WASHINGTON – U.S. Senator Martin Heinrich (D-N.M.), a member of the Senate Committee on Energy and Natural Resources and the Senate Special Committee on the Climate Crisis, has introduced legislation to reauthorize the Energy Efficiency and Conservation Block Grant Program. This program provides grants to states, local governments, and tribes to support projects that reduce fossil fuel emissions and conserve energy.
The block grant program provides grants to states, local governments, and Indian tribes to assist efforts to reduce fossil fuel emissions and conserve energy. The bill reauthorizes the program and provides it with $3.5 billion annually for the next five years. U.S. Representatives Greg Stanton (D-Ariz.) and Marc Veasey (D-Texas) introduced the legislation in the House.
“Reauthorizing programs like the Energy Efficiency and Conservation Block Grant Program will allow state, local, and tribal governments to apply for grants to support carbon reduction projects and invest in the best long-term good for our future. As we continue to deal with the impacts of COVID-19, it is critical that we look to recreate a stronger and more sustainable economy, not just the economy we had before the pandemic,” said Heinrich. “I am proud to lead this effort in the Senate and support an influx of resources necessary to spur community-level clean energy projects and create and sustain jobs in renewable energy and energy efficiency.”
When the Energy Efficiency and Conservation Block Grant program was funded under the American Recovery and Reinvestment Act in 2009, New Mexico received over $22 million to develop, promote, implement, and manage local energy efficiency programs and projects.
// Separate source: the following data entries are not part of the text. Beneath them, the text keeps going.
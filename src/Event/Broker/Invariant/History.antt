-- ===== src/Event/Broker/Invariant/History.antt =====
-- Every history of calls keeps the broker valid.
use onvif_simulator.Prelude.{
  ℕ, refl, inl, inr, String, List, [], ◌∷◌, arith, Bool-cases, Bool-cases,
}
use onvif_simulator.Prelude.Int.{pos, leb_ℤ}
use onvif_simulator.Prelude.Dict.Entries.{AllEntries-lookup}
use onvif_simulator.Event.Subscription.{Subscription, sub_kind_pull, sub_kind_push}
use onvif_simulator.Event.Broker.{Broker, BrokerConfig, Go, new, start, stop, reap, count_by_kind}
use onvif_simulator.Event.Broker.Requests.{
  Readings, SubscribeParams, create_pull_point_subscription, subscribe, renew, admit, renew_found,
  consumer_accepted, pull_entry, push_entry,
}
use onvif_simulator.Event.Broker.Cases.{require_sub_cases, admit_cases, renew_found_cases}
use onvif_simulator.Event.Broker.Step.{
  Call, starts, stops, configures, publishes, notifies, creates, subscribes, pulls, syncs, renews,
  unsubscribes, ticks, step, run,
}
use onvif_simulator.Event.Broker.Invariant.{
  IsKept, IsValid, new-IsValid, renewed-IsKept, insert-IsValid, delete-IsValid, reap-IsValid,
  publish-IsValid, record_notify_result-IsValid, update_config-IsValid, tick-IsValid,
  pull_messages-IsValid, set_synchronization_point-IsValid, unsubscribe-IsValid,
}

module _ (go : Go) (r : Readings) where
  admit-IsValid :
      (b : Broker) (text : String) (entry : String → ℕ → Subscription)
      → IsValid b
      → ((id : String) (end : ℕ) → IsKept id (entry id end))
      → IsValid (admit go r text entry b).0
  admit-IsValid b text entry v h =
      admit_cases go r text b entry (λ x. IsValid x.0) (λ _. v)
        (λ id d _ _. insert-IsValid b v id _ (h id _))

  create-IsValid :
      (b : Broker) (filter text : String)
      → IsValid b
      → IsValid (create_pull_point_subscription go r filter text b).0
  unfolding create_pull_point_subscription
  create-IsValid b filter text v =
      let b' = reap r.at_reap b in
      elim (Bool-cases (leb_ℤ b'.cfg.max_pull_points (pos (count_by_kind sub_kind_pull b')))) [
        | inl e ↦ rw e (reap-IsValid b v r.at_reap)
        | inr e ↦ rw e (
            admit-IsValid b' text (pull_entry go filter b'.cfg) (reap-IsValid b v r.at_reap)
              (λ id end. record {
                own_key = refl;
                bounded = omega arith;
                queue_of_pull = inl refl;
              }))
      ]

  subscribe-IsValid :
      (b : Broker) (p : SubscribeParams) → IsValid b → IsValid (subscribe go r p b).0
  unfolding subscribe
  subscribe-IsValid b p v =
      let b' = reap r.at_reap b in
      elim (Bool-cases (consumer_accepted go p.consumer_address)) [
        | inr e ↦ rw e v
        | inl e ↦ elim (Bool-cases (leb_ℤ b.cfg.max_notification_producers (pos 0))) [
          | inl e' ↦ rw (e, e') v
          | inr e' ↦
              elim (Bool-cases
                (leb_ℤ b'.cfg.max_notification_producers (pos (count_by_kind sub_kind_push b')))) [
                  | inl full ↦ rw (e, e', full) (reap-IsValid b v r.at_reap)
                  | inr room ↦
                      rw (e, e', room)
                        (admit-IsValid b' p.initial_termination_time (push_entry go p b'.cfg)
                          (reap-IsValid b v r.at_reap)
                          (λ id end. record {
                            own_key = refl;
                            bounded = omega arith;
                            queue_of_pull = inr refl;
                          }))
                ]
        ]
      ]

  renew-IsValid : (b : Broker) (id text : String) → IsValid b → IsValid (renew go r id text b).0
  unfolding renew
  renew-IsValid b id text v =
      require_sub_cases b r.at_reap id (λ x. IsValid (renew_found go r id text x.0 x.1).0) (λ _. v)
        (λ s _ _. delete-IsValid b v id)
        (λ s h _.
          renew_found_cases go r text b id s (λ x. IsValid x.0) (λ _. v)
            (λ d _.
              insert-IsValid b v id _
                (renewed-IsKept id s _ (AllEntries-lookup IsKept id s b.subs v.kept h))))

module _ (go : Go) where
  pub step-IsValid : (b : Broker) (c : Call) → IsValid b → IsValid (step go b c)
  unfolding step start stop
  step-IsValid b starts v = record { distinct = v.distinct; kept = v.kept; normal = v.normal }
  step-IsValid b stops v = record { distinct = v.distinct; kept = v.kept; normal = v.normal }
  step-IsValid b (configures c) v = update_config-IsValid b v c
  step-IsValid b (publishes now topic message) v = publish-IsValid b v now topic message
  step-IsValid b (notifies now id success) v = record_notify_result-IsValid b v now id success
  step-IsValid b (creates r filter text) v = create-IsValid go r b filter text v
  step-IsValid b (subscribes r p) v = subscribe-IsValid go r b p v
  step-IsValid b (pulls now id limit) v = pull_messages-IsValid b v now id limit
  step-IsValid b (syncs now id) v = set_synchronization_point-IsValid b v now id
  step-IsValid b (renews r id text) v = renew-IsValid go r b id text v
  step-IsValid b (unsubscribes now id) v = unsubscribe-IsValid b v now id
  step-IsValid b (ticks now) v = tick-IsValid b v now

  run-IsValid : (b : Broker) (cs : List Call) → IsValid b → IsValid (run go b cs)
  unfolding run
  run-IsValid b [] v = v
  run-IsValid b (c ∷ cs) v = run-IsValid (step go b c) cs (step-IsValid b c v)

  -- After any history of calls from a new broker, the identifiers are distinct and each entry
  -- stands under its own, no queue is longer than 256 messages, push subscriptions queue nothing,
  -- and the limits on pull points, the default lifetime and the failure threshold are positive.
  pub run-new-IsValid : (c : BrokerConfig) (cs : List Call) → IsValid (run go (new c) cs)
  run-new-IsValid c cs = run-IsValid (new c) cs (new-IsValid c)
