-- ===== src/Event/Broker/Lifetime.antt =====
-- The life of a subscription: admission under the limits, renewal, and the end by a request or by
-- the clock.
pub mod Limits
pub mod History
use onvif_simulator.Prelude.{
  ℕ, ◌+◌, ◌≤◌, ◌<◌, ◌≡◌, refl, String, Bool, true, false, Option, none, some, List, [], ◌∷◌, arith,
  ◌∙◌, ap, sym, not, leb, ltb, if◌then◌else◌, str_dec, ite, inl, inr, Bool-cases, ◌≢◌,
}
use onvif_simulator.Prelude.Int.{ℤ, pos, negsuc, ◌≤ℤ◌, leb_ℤ, ltb_ℤ}
use onvif_simulator.Prelude.Dict.{lookup, insert}
use onvif_simulator.Prelude.Dict.Lookups.{
  lookup-insert, lookup-insert_self, lookup-retain, lookup-delete_self, lookup-delete, keep_value,
}
use onvif_simulator.Event.Subscription.{Subscription, sub_kind_pull, drain}
use onvif_simulator.Event.Broker.{
  Broker, BrokerConfig, BrokerError, Result, ok, err, Go, reap, is_expired, add_duration,
  subscription_not_found, count_by_kind, max_pull_points_reached,
}
use onvif_simulator.Event.Broker.Requests.{
  Readings, SubscriptionInfo, PullResult, require_sub, pull_messages, set_synchronization_point,
  renew, unsubscribe, renew_found, pull_from, lifetime, create_pull_point_subscription, admit,
  pull_entry, subscription_addr, unit_result,
}
use onvif_simulator.Event.Broker.Cases.{require_sub_cases, admit_cases, renew_found_cases}
use onvif_simulator.Event.Broker.Invariant.{IsValid, IsNormal}

-- The outcome of a request that finds no live subscription: the error, and no entry left.
abbrev pub IsGone {ℓ} : {A : Type ℓ} → String → Broker × Result A → Type ℓ
IsGone id (b, r) = (r ≡ err subscription_not_found) × (lookup id b.subs ≡ none)

-- Every request on a subscription whose end has passed fails as if it did not exist, and removes
-- it: PullMessages (whatever its limit, unless that is negative), SetSynchronizationPoint, Renew
-- and Unsubscribe.
pub expired-IsGone :
    (go : Go) (b : Broker) (id text : String) (s : Subscription) (now limit : ℕ) (r : Readings)
    → lookup id b.subs ≡ some s
    → s.termination_time < now
    → s.termination_time < r.at_reap
    → IsGone id (pull_messages now id (pos limit) b)
      × IsGone id (set_synchronization_point now id b)
      × IsGone id (renew go r id text b)
      × IsGone id (unsubscribe now id b)
unfolding pull_messages set_synchronization_point renew unsubscribe
expired-IsGone go b id text s now limit r h old old' = (
  ground (arith, lookup-delete_self id b.subs),
  ground (arith, lookup-delete_self id b.subs),
  ground (arith, lookup-delete_self id b.subs),
  ground (arith, lookup-delete_self id b.subs),
)

-- A renewal of `id` from `b` with the result `x` moved the end of a live subscription to `end`.
abbrev pub Extends : Go → Readings → String → String → ℕ → Broker → Broker → Type 0
Extends go r id text end b b' =
    (s : Subscription) × (d : ℤ) × (lookup id b.subs ≡ some s)
    × (r.at_reap ≤ s.termination_time)
    × (lifetime go r.at_parse text b.cfg ≡ ok d)
    × (end ≡ add_duration r.now d)
    × ((j : String)
        → lookup j b'.subs
          ≡ ite (str_dec id j) (some (record s { termination_time = end })) (lookup j b.subs))

-- A Renew that succeeds found the subscription live. It moves the end to the lifetime from the
-- clock's reading, changes nothing else of the subscription, and leaves every other one alone.
pub renew-Extends :
    (go : Go) (b : Broker) (id text : String) (r : Readings) (end : ℕ)
    → (renew go r id text b).1 ≡ ok end
    → Extends go r id text end b (renew go r id text b).0
unfolding renew
renew-Extends go b id text r end =
    require_sub_cases b r.at_reap id
      (λ x.
        (renew_found go r id text x.0 x.1).1 ≡ ok end
        → Extends go r id text end b (renew_found go r id text x.0 x.1).0)
      (λ _ h. cc) (λ s _ _ h. cc)
      λ s found live.
        renew_found_cases go r text b id s (λ x. x.1 ≡ ok end → Extends go r id text end b x.0)
          (λ e h. cc)
          λ d asked h. (
            s,
            d,
            found,
            ground arith,
            asked,
            ground arith,
            λ j. ground (arith, lookup-insert id j (record s { termination_time = end }) b.subs),
          )

-- `b'` is `b` after a reap, with the new pull point that `info` tells of.
abbrev pub Admits : Go → Readings → String → String → SubscriptionInfo → Broker → Broker → Type 0
Admits go r filter text info b b' =
    (d : ℤ) × (lifetime go r.at_parse text b.cfg ≡ ok d)
    × (r.fresh_id ≡ some info.subscription_id)
    × (info.termination_time ≡ add_duration r.now d)
    × ((j : String)
        → lookup j b'.subs
          ≡ ite (str_dec info.subscription_id j)
              (some (record {
                id = info.subscription_id;
                address = subscription_addr go info.subscription_id b.cfg;
                filter = filter;
                termination_time = info.termination_time;
                queue = [];
                kind = sub_kind_pull;
                consumer = record { address = ""; reference_params = "" };
                notify_failures = 0;
              }))
              (keep_value (λ s. not (is_expired r.at_reap s)) (lookup j b.subs)))

-- A creation that succeeds from a valid broker adds one pull point under the identifier that was
-- drawn, with the filter that was asked, an empty queue, no failures, and the end that the lifetime
-- gives from the clock's reading. Every other
-- subscription is as it was if it was live at the reap, and gone if it had expired.
pub create-Admits :
    (go : Go) (b : Broker) (filter text : String) (r : Readings) (info : SubscriptionInfo)
    → IsValid b
    → (create_pull_point_subscription go r filter text b).1 ≡ ok info
    → Admits go r filter text info b (create_pull_point_subscription go r filter text b).0
unfolding create_pull_point_subscription reap pull_entry
create-Admits go b filter text r info v =
    let b' = reap r.at_reap b in
    elim (Bool-cases (leb_ℤ b'.cfg.max_pull_points (pos (count_by_kind sub_kind_pull b')))) [
      | inl full ↦ rw full (λ h. cc)
      | inr room ↦ rw room (
          admit_cases go r text b' (pull_entry go filter b'.cfg)
            (λ x. x.1 ≡ ok info → Admits go r filter text info b x.0) (λ e h. cc)
            λ id d drawn asked h. (
              d,
              asked,
              ground arith,
              ground arith,
              λ j. ground (
                arith,
                lookup-insert id j (pull_entry go filter b.cfg id (add_duration r.now d)) b'.subs,
                lookup-retain (λ s. not (is_expired r.at_reap s)) j b.subs v.distinct,
              ),
            ))
    ]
The New Mexico Energy, Minerals and Natural Resources Department and 41 counties, cities, and tribes received funding.
According to an evaluation by the Oak Ridge National Laboratory, for every Energy Efficiency and Conservation Block Grant Program dollar spent, program participants received approximately $1.76 in bill savings over the lifetime of the measures installed. The program’s activities produced a net total job gain of over 62,900 job years. In addition, the program’s activities generated 4.2 MMBtu (million British thermal units) from on-site renewable energy projects and avoided 25.7 million metric tons worth of carbon equivalent from being emitted, due to renewable generation and energy savings.
The U.S. Conference of Mayors and National League of Cities have both endorsed the legislation.
“We thank Senator Heinrich for introducing the Energy Efficiency and Conservation Block Grant (EECBG) reauthorization bill, which has long been a top legislative priority of The United States Conference of Mayors,” said Tom Cochran, CEO and Executive Director of The U.S. Conference of Mayors. “For many cities, this program is critical in helping accelerate local efforts to reduce greenhouse gas emissions.”
“The Energy Efficiency and Conservation Block Grant (EECBG) is an important program that supports local efforts to reduce energy use, diversify energy supplies and improve air quality and the environment. During this time of economic uncertainty due to the coronavirus, it’s more important than ever that the limited fiscal resources of cities, towns and villages are used wisely and efficiently. The ability of local governments to invest in energy conservation and renewable energy will save residents, businesses and taxpayers dollars and grow local economies. NLC is pleased to support the Senate companion bill to H.R. 2088, which would reauthorize the EECBG program, and we thank Senator Heinrich for his leadership,” said Clarence Anthony, CEO and Executive Director, National League of Cities.